== PROVIDED ENTRIES ==
• • • •
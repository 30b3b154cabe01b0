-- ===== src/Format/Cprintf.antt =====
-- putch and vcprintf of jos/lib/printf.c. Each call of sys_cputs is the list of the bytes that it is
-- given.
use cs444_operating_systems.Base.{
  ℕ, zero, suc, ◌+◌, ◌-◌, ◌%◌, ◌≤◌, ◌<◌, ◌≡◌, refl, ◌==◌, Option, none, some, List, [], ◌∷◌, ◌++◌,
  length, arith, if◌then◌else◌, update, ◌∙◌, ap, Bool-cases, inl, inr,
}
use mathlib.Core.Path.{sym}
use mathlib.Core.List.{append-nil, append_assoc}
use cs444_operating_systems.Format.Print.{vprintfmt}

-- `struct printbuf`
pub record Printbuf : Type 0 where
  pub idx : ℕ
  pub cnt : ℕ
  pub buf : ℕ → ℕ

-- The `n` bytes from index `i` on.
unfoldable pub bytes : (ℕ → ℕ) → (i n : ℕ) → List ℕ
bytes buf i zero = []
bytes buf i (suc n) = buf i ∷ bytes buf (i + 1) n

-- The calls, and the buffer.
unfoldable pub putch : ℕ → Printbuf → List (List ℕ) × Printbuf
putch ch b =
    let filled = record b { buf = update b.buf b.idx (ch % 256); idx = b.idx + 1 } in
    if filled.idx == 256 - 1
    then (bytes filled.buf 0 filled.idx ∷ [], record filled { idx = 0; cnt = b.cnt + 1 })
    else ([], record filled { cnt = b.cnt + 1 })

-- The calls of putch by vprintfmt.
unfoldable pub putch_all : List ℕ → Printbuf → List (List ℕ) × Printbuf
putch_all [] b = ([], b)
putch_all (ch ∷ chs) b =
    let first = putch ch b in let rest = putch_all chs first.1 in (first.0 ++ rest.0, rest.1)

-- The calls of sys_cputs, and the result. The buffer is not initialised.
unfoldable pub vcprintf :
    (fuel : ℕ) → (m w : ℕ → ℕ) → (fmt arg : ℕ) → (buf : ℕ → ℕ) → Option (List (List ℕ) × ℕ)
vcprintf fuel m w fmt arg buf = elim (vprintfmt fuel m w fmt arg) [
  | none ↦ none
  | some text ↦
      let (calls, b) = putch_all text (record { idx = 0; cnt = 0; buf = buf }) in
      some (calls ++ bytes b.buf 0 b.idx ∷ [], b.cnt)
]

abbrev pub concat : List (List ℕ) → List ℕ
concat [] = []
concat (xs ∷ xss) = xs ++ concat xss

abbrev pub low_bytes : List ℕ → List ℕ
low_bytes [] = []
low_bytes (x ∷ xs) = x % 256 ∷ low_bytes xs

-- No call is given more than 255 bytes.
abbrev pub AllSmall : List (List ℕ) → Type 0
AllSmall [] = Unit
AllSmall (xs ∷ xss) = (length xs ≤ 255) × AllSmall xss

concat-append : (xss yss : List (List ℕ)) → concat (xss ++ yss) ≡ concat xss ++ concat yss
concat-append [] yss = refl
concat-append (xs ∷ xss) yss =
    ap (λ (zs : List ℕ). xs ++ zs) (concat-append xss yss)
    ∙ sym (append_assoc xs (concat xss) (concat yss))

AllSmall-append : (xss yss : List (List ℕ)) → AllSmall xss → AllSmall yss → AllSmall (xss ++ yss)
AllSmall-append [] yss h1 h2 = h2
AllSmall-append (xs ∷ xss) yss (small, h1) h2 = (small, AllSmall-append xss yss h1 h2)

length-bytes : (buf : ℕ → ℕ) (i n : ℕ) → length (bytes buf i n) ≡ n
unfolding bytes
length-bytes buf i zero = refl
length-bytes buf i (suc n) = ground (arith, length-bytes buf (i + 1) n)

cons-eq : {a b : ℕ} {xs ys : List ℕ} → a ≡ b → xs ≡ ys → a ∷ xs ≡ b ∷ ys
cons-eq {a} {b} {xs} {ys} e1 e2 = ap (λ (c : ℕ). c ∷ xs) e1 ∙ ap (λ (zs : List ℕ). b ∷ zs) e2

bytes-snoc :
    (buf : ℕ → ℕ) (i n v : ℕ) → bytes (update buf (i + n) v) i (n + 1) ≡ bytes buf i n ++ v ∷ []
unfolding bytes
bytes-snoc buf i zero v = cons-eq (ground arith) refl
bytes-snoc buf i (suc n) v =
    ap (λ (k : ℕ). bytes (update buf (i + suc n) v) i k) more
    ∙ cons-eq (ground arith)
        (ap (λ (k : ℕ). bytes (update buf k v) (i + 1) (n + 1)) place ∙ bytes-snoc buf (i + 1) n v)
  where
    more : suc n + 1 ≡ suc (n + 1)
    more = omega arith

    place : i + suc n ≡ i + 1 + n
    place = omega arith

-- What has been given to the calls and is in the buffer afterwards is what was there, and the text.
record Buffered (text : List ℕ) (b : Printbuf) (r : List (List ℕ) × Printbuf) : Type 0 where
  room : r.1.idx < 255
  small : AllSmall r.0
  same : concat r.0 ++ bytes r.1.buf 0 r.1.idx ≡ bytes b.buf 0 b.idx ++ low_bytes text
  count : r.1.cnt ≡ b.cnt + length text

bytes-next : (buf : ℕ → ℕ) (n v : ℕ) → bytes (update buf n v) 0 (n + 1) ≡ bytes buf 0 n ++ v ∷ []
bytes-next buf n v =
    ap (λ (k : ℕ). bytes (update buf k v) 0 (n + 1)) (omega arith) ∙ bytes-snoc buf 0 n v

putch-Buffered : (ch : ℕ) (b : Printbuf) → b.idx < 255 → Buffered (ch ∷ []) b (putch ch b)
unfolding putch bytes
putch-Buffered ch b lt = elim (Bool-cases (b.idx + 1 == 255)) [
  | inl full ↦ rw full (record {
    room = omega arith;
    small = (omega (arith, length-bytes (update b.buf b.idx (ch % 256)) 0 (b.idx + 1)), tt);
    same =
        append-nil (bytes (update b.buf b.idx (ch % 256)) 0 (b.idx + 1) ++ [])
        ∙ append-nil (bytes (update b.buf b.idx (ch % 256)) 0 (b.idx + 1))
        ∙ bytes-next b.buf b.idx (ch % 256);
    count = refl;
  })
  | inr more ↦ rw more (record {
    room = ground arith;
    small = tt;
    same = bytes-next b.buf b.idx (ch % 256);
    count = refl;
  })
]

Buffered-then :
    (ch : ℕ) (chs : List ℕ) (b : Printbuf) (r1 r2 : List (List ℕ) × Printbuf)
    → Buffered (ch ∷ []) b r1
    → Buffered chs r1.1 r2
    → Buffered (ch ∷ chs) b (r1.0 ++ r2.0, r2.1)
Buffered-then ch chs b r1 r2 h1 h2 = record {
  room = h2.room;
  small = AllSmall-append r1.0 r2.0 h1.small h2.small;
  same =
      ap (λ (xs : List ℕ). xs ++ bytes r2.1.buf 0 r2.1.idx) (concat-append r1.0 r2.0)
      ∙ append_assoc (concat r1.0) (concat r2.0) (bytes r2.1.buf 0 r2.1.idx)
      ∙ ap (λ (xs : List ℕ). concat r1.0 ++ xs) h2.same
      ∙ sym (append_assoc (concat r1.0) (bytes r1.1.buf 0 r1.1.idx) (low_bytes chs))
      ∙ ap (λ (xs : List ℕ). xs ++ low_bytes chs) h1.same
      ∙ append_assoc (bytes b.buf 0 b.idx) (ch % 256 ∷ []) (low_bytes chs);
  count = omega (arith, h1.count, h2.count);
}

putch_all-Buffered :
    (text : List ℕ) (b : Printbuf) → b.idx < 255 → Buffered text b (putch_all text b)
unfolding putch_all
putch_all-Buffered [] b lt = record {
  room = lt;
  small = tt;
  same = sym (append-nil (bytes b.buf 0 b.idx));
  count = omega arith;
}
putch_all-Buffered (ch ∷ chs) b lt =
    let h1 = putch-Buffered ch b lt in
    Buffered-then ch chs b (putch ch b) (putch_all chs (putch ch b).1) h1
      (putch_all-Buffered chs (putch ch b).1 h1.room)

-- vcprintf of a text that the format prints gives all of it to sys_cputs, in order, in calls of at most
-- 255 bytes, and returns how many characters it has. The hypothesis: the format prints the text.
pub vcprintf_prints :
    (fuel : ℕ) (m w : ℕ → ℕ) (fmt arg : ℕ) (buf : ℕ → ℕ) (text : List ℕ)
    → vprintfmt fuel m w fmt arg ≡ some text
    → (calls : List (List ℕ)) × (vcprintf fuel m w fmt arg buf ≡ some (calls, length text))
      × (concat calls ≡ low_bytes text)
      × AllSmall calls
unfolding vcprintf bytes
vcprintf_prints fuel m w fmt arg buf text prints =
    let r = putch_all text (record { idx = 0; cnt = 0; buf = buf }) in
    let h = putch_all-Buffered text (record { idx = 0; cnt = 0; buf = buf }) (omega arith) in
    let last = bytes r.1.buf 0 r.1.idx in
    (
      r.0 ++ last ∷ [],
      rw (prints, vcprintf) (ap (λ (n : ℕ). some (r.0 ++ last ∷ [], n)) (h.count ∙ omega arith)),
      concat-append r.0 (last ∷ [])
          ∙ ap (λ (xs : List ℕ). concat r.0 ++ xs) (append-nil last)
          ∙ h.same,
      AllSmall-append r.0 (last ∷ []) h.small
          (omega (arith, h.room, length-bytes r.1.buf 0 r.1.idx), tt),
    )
• • • •
== WHAT IS NEEDED ==
Within the material above, transcribe exactly the lines that run from the line holding "xss) (concat yss))" through the line holding "putch-Buffered ch b lt = elim".

== REPLY TO THE EXERCISE ==
    ∙ sym (append_assoc xs (concat xss) (concat yss))

AllSmall-append : (xss yss : List (List ℕ)) → AllSmall xss → AllSmall yss → AllSmall (xss ++ yss)
AllSmall-append [] yss h1 h2 = h2
AllSmall-append (xs ∷ xss) yss (small, h1) h2 = (small, AllSmall-append xss yss h1 h2)

length-bytes : (buf : ℕ → ℕ) (i n : ℕ) → length (bytes buf i n) ≡ n
unfolding bytes
length-bytes buf i zero = refl
length-bytes buf i (suc n) = ground (arith, length-bytes buf (i + 1) n)

cons-eq : {a b : ℕ} {xs ys : List ℕ} → a ≡ b → xs ≡ ys → a ∷ xs ≡ b ∷ ys
cons-eq {a} {b} {xs} {ys} e1 e2 = ap (λ (c : ℕ). c ∷ xs) e1 ∙ ap (λ (zs : List ℕ). b ∷ zs) e2

bytes-snoc :
    (buf : ℕ → ℕ) (i n v : ℕ) → bytes (update buf (i + n) v) i (n + 1) ≡ bytes buf i n ++ v ∷ []
unfolding bytes
bytes-snoc buf i zero v = cons-eq (ground arith) refl
bytes-snoc buf i (suc n) v =
    ap (λ (k : ℕ). bytes (update buf (i + suc n) v) i k) more
    ∙ cons-eq (ground arith)
        (ap (λ (k : ℕ). bytes (update buf k v) (i + 1) (n + 1)) place ∙ bytes-snoc buf (i + 1) n v)
  where
    more : suc n + 1 ≡ suc (n + 1)
    more = omega arith

    place : i + suc n ≡ i + 1 + n
    place = omega arith

-- What has been given to the calls and is in the buffer afterwards is what was there, and the text.
record Buffered (text : List ℕ) (b : Printbuf) (r : List (List ℕ) × Printbuf) : Type 0 where
  room : r.1.idx < 255
  small : AllSmall r.0
  same : concat r.0 ++ bytes r.1.buf 0 r.1.idx ≡ bytes b.buf 0 b.idx ++ low_bytes text
  count : r.1.cnt ≡ b.cnt + length text

bytes-next : (buf : ℕ → ℕ) (n v : ℕ) → bytes (update buf n v) 0 (n + 1) ≡ bytes buf 0 n ++ v ∷ []
bytes-next buf n v =
    ap (λ (k : ℕ). bytes (update buf k v) 0 (n + 1)) (omega arith) ∙ bytes-snoc buf 0 n v

putch-Buffered : (ch : ℕ) (b : Printbuf) → b.idx < 255 → Buffered (ch ∷ []) b (putch ch b)
unfolding putch bytes
putch-Buffered ch b lt = elim (Bool-cases (b.idx + 1 == 255)) [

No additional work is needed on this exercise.